Where do we see these memory pools deployed today? So, it turns out a lot of use cases, application workloads, and market segments could benefit from memory pooling. We have the MAX memory deployed today in places where data analytics workloads are running, such as in-memory databases or AI-based analytics. Finance institutions that use large graph models need a lot of memory, and they need the memory pool that helps them store those large graph models. Drug discovery, even animation studios—they have large scales of digital assets that need to be worked on and processed and rendered. And usually, these sit on storage systems, but to get more performance, they need to sit in memory. National labs that can use the memory pool for getting more bandwidth to compute elements, and hyperscalers in the public cloud.

And getting back to our CPU, which was choked out of memory bandwidth, once we add the UnifabriX MAX memory and provision more memory to that CPU—and that means more memory capacity but also more memory bandwidth—we can see that we can scale the performance of the workload by adding more CPU cores and getting more performance at the system level because now we have more memory bandwidth available to the CPU. So, we solve some of the memory wall challenge.

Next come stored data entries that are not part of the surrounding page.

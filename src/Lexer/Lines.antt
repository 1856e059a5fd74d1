-- ===== src/Lexer/Lines.antt =====
-- The tokens of a line: one line break, at the end.
use gdbwire.Base.{
  ℕ, zero, suc, ◌+◌, ◌≤◌, ◌<◌, ◌≡◌, ◌≢◌, refl, ap, sym, ◌∙◌, subst, List, [], ◌∷◌, ◌++◌, some, inl,
  inr, Bytes, length, take, drop, length-append, length-drop, arith,
}
use gdbwire.Lexer.{newline, Match, nullable, longest, deriv, best, rules, Piece, piece, pieces}
use gdbwire.Lexer.Munch.{
  AllRules-get_elem?, Picks, Picks-IsMatch, Picks-pos, Best, best-Best, best-some, pieces_step,
}
use gdbwire.MiParser.Lines.{AllBytes, IsCalm, IsBreak}
use gdbwire.Lexer.Stays.{Stays, rules-Stays}

-- A match in front of the break stays in front of it, and is no line break.
picked_stays :
    (x : ℕ) (xs brk : Bytes) (m : Match)
    → IsCalm x
    → IsBreak brk
    → Picks rules (x ∷ (xs ++ brk)) m
    → (m.0 ≤ length (x ∷ xs)) × (m.1 ≢ some newline)
picked_stays x xs brk (n, a) calm b h =
    let (i, r, e, (le, k, f)) = Picks-IsMatch rules (x ∷ (xs ++ brk)) (n, a) h in
    let (inside, other) =
      AllRules-get_elem? (Stays (x ∷ xs)) rules i r e (rules-Stays x xs calm) brk n b le k in
    (inside, λ q. other (sym f ∙ q))

-- The break itself is one match.
best_break :
    (brk : Bytes)
    → IsBreak brk
    → (best rules brk ≡ some (length brk, some newline)) × (0 < length brk)
unfolding best rules longest deriv nullable
best_break brk (inl e) = rw e (refl, omega arith)
best_break brk (inr (inl e)) = rw e (refl, omega arith)
best_break brk (inr (inr e)) = rw e (refl, omega arith)

-- The pieces of a line: none but the last is a line break, and the last is the break.
abbrev pub EndsLine : Bytes → List Piece → Type 0
EndsLine brk [] = ⊥
EndsLine brk (p ∷ []) = (p.action ≡ some newline) × (p.text ≡ brk)
EndsLine brk (p ∷ q ∷ ps) = (p.action ≢ some newline) × EndsLine brk (q ∷ ps)

EndsLine-cons :
    (brk : Bytes) (p : Piece) (ps : List Piece)
    → p.action ≢ some newline
    → EndsLine brk ps
    → EndsLine brk (p ∷ ps)
EndsLine-cons brk p [] h k = absurd k
EndsLine-cons brk p (q ∷ ps) h k = (h, k)

drop_inside :
    (n : ℕ) (body brk : Bytes) → n ≤ length body → drop n (body ++ brk) ≡ drop n body ++ brk
drop_inside zero body brk h = refl
drop_inside (suc n) [] brk h = absurd (omega arith)
drop_inside (suc n) (b ∷ body) brk h = drop_inside n body brk (omega arith)

AllBytes-drop : (P : ℕ → Type 0) (n : ℕ) (bs : Bytes) → AllBytes P bs → AllBytes P (drop n bs)
AllBytes-drop P zero bs h = h
AllBytes-drop P (suc n) [] h = h
AllBytes-drop P (suc n) (b ∷ bs) h = AllBytes-drop P n bs h.1

pieces_nil : (fuel column : ℕ) → pieces fuel column [] ≡ []
unfolding pieces
pieces_nil zero column = refl
pieces_nil (suc fuel) column = refl

-- A text that is one match with the action of a line break.
one_piece :
    (fuel column c : ℕ) (cs : Bytes)
    → best rules (c ∷ cs) ≡ some (length (c ∷ cs), some newline)
    → take (length (c ∷ cs)) (c ∷ cs) ≡ c ∷ cs
    → drop (length (c ∷ cs)) (c ∷ cs) ≡ []
    → EndsLine (c ∷ cs) (pieces (suc fuel) column (c ∷ cs))
one_piece fuel column c cs e whole none_left =
    subst (EndsLine (c ∷ cs))
      (sym (
        pieces_step fuel column c cs (length (c ∷ cs), some newline) e
        ∙ ap
            (λ t.
              piece column (length (c ∷ cs), some newline) (c ∷ cs)
              ∷ pieces fuel (column + length (c ∷ cs)) t)
            none_left
        ∙ ap (λ ps. piece column (length (c ∷ cs), some newline) (c ∷ cs) ∷ ps)
            (pieces_nil fuel (column + length (c ∷ cs)))))
      (refl, whole)

pieces_break :
    (fuel column : ℕ) (brk : Bytes)
    → IsBreak brk
    → length brk ≤ fuel
    → EndsLine brk (pieces fuel column brk)
pieces_break zero column brk b h = absurd (omega (arith, (best_break brk b).1))
pieces_break (suc fuel) column brk (inl e) h =
    subst (λ t. EndsLine t (pieces (suc fuel) column t)) (sym e)
      (one_piece fuel column b'\n' [] (best_break (b'\n' ∷ []) (inl refl)).0 refl refl)
pieces_break (suc fuel) column brk (inr (inl e)) h =
    subst (λ t. EndsLine t (pieces (suc fuel) column t)) (sym e)
      (one_piece fuel column b'\r' [] (best_break (b'\r' ∷ []) (inr (inl refl))).0 refl refl)
pieces_break (suc fuel) column brk (inr (inr e)) h =
    subst (λ t. EndsLine t (pieces (suc fuel) column t)) (sym e)
      (one_piece fuel column b'\r' (b'\n' ∷ []) (best_break (b'\r' ∷ b'\n' ∷ []) (inr (inr refl))).0
        refl refl)

pub pieces-EndsLine :
    (fuel column : ℕ) (body brk : Bytes)
    → AllBytes IsCalm body
    → IsBreak brk
    → length (body ++ brk) ≤ fuel
    → EndsLine brk (pieces fuel column (body ++ brk))
pieces-EndsLine zero column [] brk calm b h = pieces_break zero column brk b h
pieces-EndsLine zero column (x ∷ xs) brk calm b h = absurd (omega arith)
pieces-EndsLine (suc fuel) column [] brk calm b h = pieces_break (suc fuel) column brk b h
pieces-EndsLine (suc fuel) column (x ∷ xs) brk calm b h =
    let (m, e) = best-some x (xs ++ brk) in
    let picked =
      subst (λ o. Best rules (x ∷ (xs ++ brk)) o) e (best-Best rules (x ∷ (xs ++ brk))) in
    let (inside, other) = picked_stays x xs brk m calm.0 b picked in
    let some_byte = Picks-pos (x ∷ (xs ++ brk)) m picked in
    let left = drop_inside m.0 (x ∷ xs) brk inside in
    subst (EndsLine brk) (sym (pieces_step fuel column x (xs ++ brk) m e)) (
      EndsLine-cons brk (piece column m (x ∷ (xs ++ brk))) _ other (
        subst (λ t. EndsLine brk (pieces fuel (column + m.0) t)) (sym left)
          (pieces-EndsLine fuel (column + m.0) (drop m.0 (x ∷ xs)) brk
            (AllBytes-drop IsCalm m.0 (x ∷ xs) calm) b
            (omega (
              arith,
              length-append {0} (drop m.0 (x ∷ xs)) brk,
              length-drop {0} m.0 (x ∷ xs),
              length-append {0} xs brk,
            )))))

So, recapping—and since we are in the memory business—we have some things to memorize from this session. So, we saw the memory wall—the gap which is getting wider between compute elements and memory elements. We saw that memory is a key pain point for the performance of AI, HPC, and big data. And we saw that AI and HPC share some of the challenges and some of the solutions. We saw that AI applications grow fast—sometimes exponentially—in their memory bandwidth and footprint requirements, and HPC is not far behind. And we also saw that memory is a key enabler for making LLM inference cost-effective. We saw the cost per token in inference, and we saw some ways to make it more cost-effective—reduce the cost per token—by providing more memory capacity to the GPU, not by HBM, but by a more cost-effective memory which is adjacent to the GPU—either a CPU with a high-memory interconnect to the GPU or over the fabric with a memory pool, a high-bandwidth memory pool that is available for the GPU over a UALink fabric. So, solving bandwidth locally—typically done by HBM, high-bandwidth memory—so, yeah, go buy HBM. And everybody goes by HBM today with GPUs. And if you want to solve at scale, you need Memory over Fabrics. So, go UnifabriX—we provide the solutions for that. So, thank you very much, and now I’ll be glad to answer your questions. Thank you.